Every day Poets & Writers Magazine scans the headlines—from publishing reports to academic announcements to literary dispatches—for all the news that creative writers need to know. Here are today’s stories:
Margot Adler, an NPR journalist for three decades and author of the memoir Heretic's Heart, died at her home in New York City yesterday [2] after a battle with cancer. She was 68. (NPR)
Kaitlin Roig-DeBellis, a Connecticut teacher who helped save students' lives during the Sandy Hook Elementary School shooting in 2012, will publish her memoir, Choosing Hope: Moving Forward From Your Life’s Darkest Hour [3], with Putnam next spring. Author Robin Gaby Fisher is assisting in the writing. (Washington Post)
Singer-songwriter Lucinda Williams’s forthcoming double studio album, Down Where the Spirit Meets the Bone, includes a song created using a poem written by her father [4], the poet Miller Williams. (Rolling Stone)

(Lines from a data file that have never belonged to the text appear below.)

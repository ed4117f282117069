-- ===== src/Sha256/Stream.antt =====
-- `update` of src/crypto/sha256.hpp against a reference that takes one byte at a time.
use native.Mathlib.Decide.{dec_lt, ℕ_discrete}
use emergence_os_bare_metal.Base.{
  ℕ, ◌+◌, ◌-◌, ◌%◌, ◌≤◌, ◌<◌, ◌≡◌, ◌≢◌, refl, sym, ap, ap₂, ◌∙◌, arith, List, [], ◌++◌, true, false,
  ◌==◌, length, take, drop, u64, length-append, length-take, length-drop, append-nil,
  take-append-drop, take_all, drop_all,
}
use emergence_os_bare_metal.Sha256.{transform, Sha256, splice, whole_blocks, fill_up, update}
use emergence_os_bare_metal.Sha256.Reference.{
  Stream, feed, view, IsSha, feed-append, feed_short, feed_full, splice_front, length-splice,
  view-eq, whole_blocks_lem, whole_blocks_none,
}

module _ (s : Sha256) (bs : List ℕ) (ok : IsSha s) (started : s.count % 64 ≢ 0) where
  abbrev part : List ℕ
  part = take (64 - s.count % 64) bs

  part_fits : s.count % 64 + length part ≤ 64
  part_fits = omega (arith, length-take (64 - s.count % 64) bs)

  abbrev buffered : List ℕ
  buffered = splice s.buffer (s.count % 64) part

  -- The buffer is full.
  fill_up_full :
      s.count % 64 + length part ≡ 64
      → (view (fill_up s bs) ≡ feed (view s) part)
        × IsSha (fill_up s bs)
        × ((fill_up s bs).count ≡ u64 (s.count + length part))
        × ((fill_up s bs).count % 64 ≡ 0)
  fill_up_full e =
      let shut : (u64 (s.count + length part) % 64 == 0) ≡ true = ground arith in
      rw shut (
        ap₂ (λ w p. let v : Stream = record { state = transform s.state w; pending = p } in v) whole
              nothing
            ∙ sym (feed_full part (view s) (omega (arith, pending)) (omega (arith, pending))),
        length-splice s.buffer part (s.count % 64) ok part_fits,
        refl,
        omega arith,
      )
    where
      whole : buffered ≡ take (s.count % 64) s.buffer ++ part
      whole =
          sym (
            take_all 64 buffered
              (omega (arith, length-splice s.buffer part (s.count % 64) ok part_fits)))
          ∙ splice_front s.buffer part (s.count % 64) 64 ok e (omega arith)

      none_left : u64 (s.count + length part) % 64 ≡ 0
      none_left = omega arith

      nothing : take (u64 (s.count + length part) % 64) buffered ≡ []
      nothing = ap (λ n. take n buffered) none_left

      pending : length (take (s.count % 64) s.buffer) ≡ s.count % 64
      pending = omega (arith, length-take (s.count % 64) s.buffer)

  fill_up_short :
      s.count % 64 + length part < 64
      → (view (fill_up s bs) ≡ feed (view s) part)
        × IsSha (fill_up s bs)
        × ((fill_up s bs).count ≡ u64 (s.count + length part))
        × (drop (64 - s.count % 64) bs ≡ [])
  fill_up_short h =
      let open_ : (u64 (s.count + length part) % 64 == 0) ≡ false = ground arith in
      rw open_ (
        view-eq s.state _ _ (
              splice_front s.buffer part (s.count % 64) (u64 (s.count + length part) % 64) ok
                (omega arith) (omega arith))
            ∙ sym (feed_short part (view s) (omega (arith, length-take (s.count % 64) s.buffer))),
        length-splice s.buffer part (s.count % 64) ok part_fits,
        refl,
        drop_all (64 - s.count % 64) bs (omega (arith, length-take (64 - s.count % 64) bs)),
      )

  abbrev later : List ℕ
  later = drop (64 - s.count % 64) bs

  update_started_eq : update s bs ≡ whole_blocks (length bs) (fill_up s bs) later
  unfolding update
  update_started_eq = let busy : (s.count % 64 == 0) ≡ false = ground arith in rw busy refl

  started_full :
      s.count % 64 + length part ≡ 64
      → (view (update s bs) ≡ feed (view s) bs)
        × IsSha (update s bs)
        × ((update s bs).count ≡ u64 (s.count + length bs))
  started_full e =
      let f = fill_up_full e in
      let w =
        whole_blocks_lem (length bs) (fill_up s bs) later f.1 f.3
          (omega (arith, length-drop (64 - s.count % 64) bs)) in
      rw update_started_eq (
        w.0
            ∙ ap (λ v. feed v later) f.0
            ∙ sym (feed-append part later (view s))
            ∙ ap (feed (view s)) (take-append-drop (64 - s.count % 64) bs),
        w.1,
        omega (
          arith,
          w.2,
          f.2,
          length-drop (64 - s.count % 64) bs,
          length-take (64 - s.count % 64) bs,
        ),
      )

  started_short :
      s.count % 64 + length part < 64
      → (view (update s bs) ≡ feed (view s) bs)
        × IsSha (update s bs)
        × ((update s bs).count ≡ u64 (s.count + length bs))
  started_short h =
      let f = fill_up_short h in
      let w = whole_blocks_none (length bs) (fill_up s bs) in
      let all : part ≡ bs =
        sym (append-nil part)
        ∙ ap (λ t. part ++ t) (sym f.3)
        ∙ take-append-drop (64 - s.count % 64) bs in
      rw (update_started_eq, f.3)
        (
          w.0 ∙ f.0 ∙ ap (feed (view s)) all,
          omega (arith, ap length w.1, f.1),
          omega (arith, w.2, f.2, ap length all),
        )

  -- With a block begun, the rest follows what fills it up.
  update_started :
      (view (update s bs) ≡ feed (view s) bs)
      × IsSha (update s bs)
      × ((update s bs).count ≡ u64 (s.count + length bs))
  update_started = elim (dec_lt (s.count % 64 + length part) 64) [
    | yes short ↦ started_short short
    | no full ↦ started_full (omega (arith, part_fits))
  ]

-- However the data is cut into pieces, `update` does what taking one byte at a time does: it hashes
-- each block of 64 as soon as it is full and keeps what is left. The count is that of all bytes,
-- modulo 2 ^ 64, and the buffer keeps its length.
pub update_lem :
    (s : Sha256) (bs : List ℕ)
    → IsSha s
    → (view (update s bs) ≡ feed (view s) bs)
      × IsSha (update s bs)
      × ((update s bs).count ≡ u64 (s.count + length bs))
unfolding update
update_lem s bs ok = elim (ℕ_discrete (s.count % 64) 0) [
  | yes e ↦
      let idle : (s.count % 64 == 0) ≡ true = ground arith in
      rw idle (whole_blocks_lem (length bs) s bs ok e (omega arith))
  | no ne ↦ update_started s bs ok ne
]

-- Two updates are one update with both pieces.
pub update-append :
    (s : Sha256) (xs ys : List ℕ)
    → IsSha s
    → (view (update (update s xs) ys) ≡ view (update s (xs ++ ys)))
      × ((update (update s xs) ys).count ≡ (update s (xs ++ ys)).count)
update-append s xs ys ok =
    let first = update_lem s xs ok in
    let second = update_lem (update s xs) ys first.1 in
    let both = update_lem s (xs ++ ys) ok in
    (
      second.0 ∙ ap (λ v. feed v ys) first.0 ∙ sym (feed-append xs ys (view s)) ∙ sym both.0,
      omega (arith, first.2, second.2, both.2, length-append xs ys),
    )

An Amazon employee may have crashed a recreational drone into Seattle’s Space Needle [5] observation tower recently. While flying drones for commercial purposes is illegal, several companies, including Amazon, are seeking regulatory approval from the Federal Aviation Administration [6] to use drones in order to replace traditional shipping methods. (Hill, CNBC)
Nearly a week and a half after the launch of Amazon’s subscription e-book service, Kindle Unlimited, Publisher’s Weekly assesses the reactions of the press, publishers, and other subscription services [7], such as Oyster and Scribd (featured in the January/February issue [8] of Poets & Writers Magazine).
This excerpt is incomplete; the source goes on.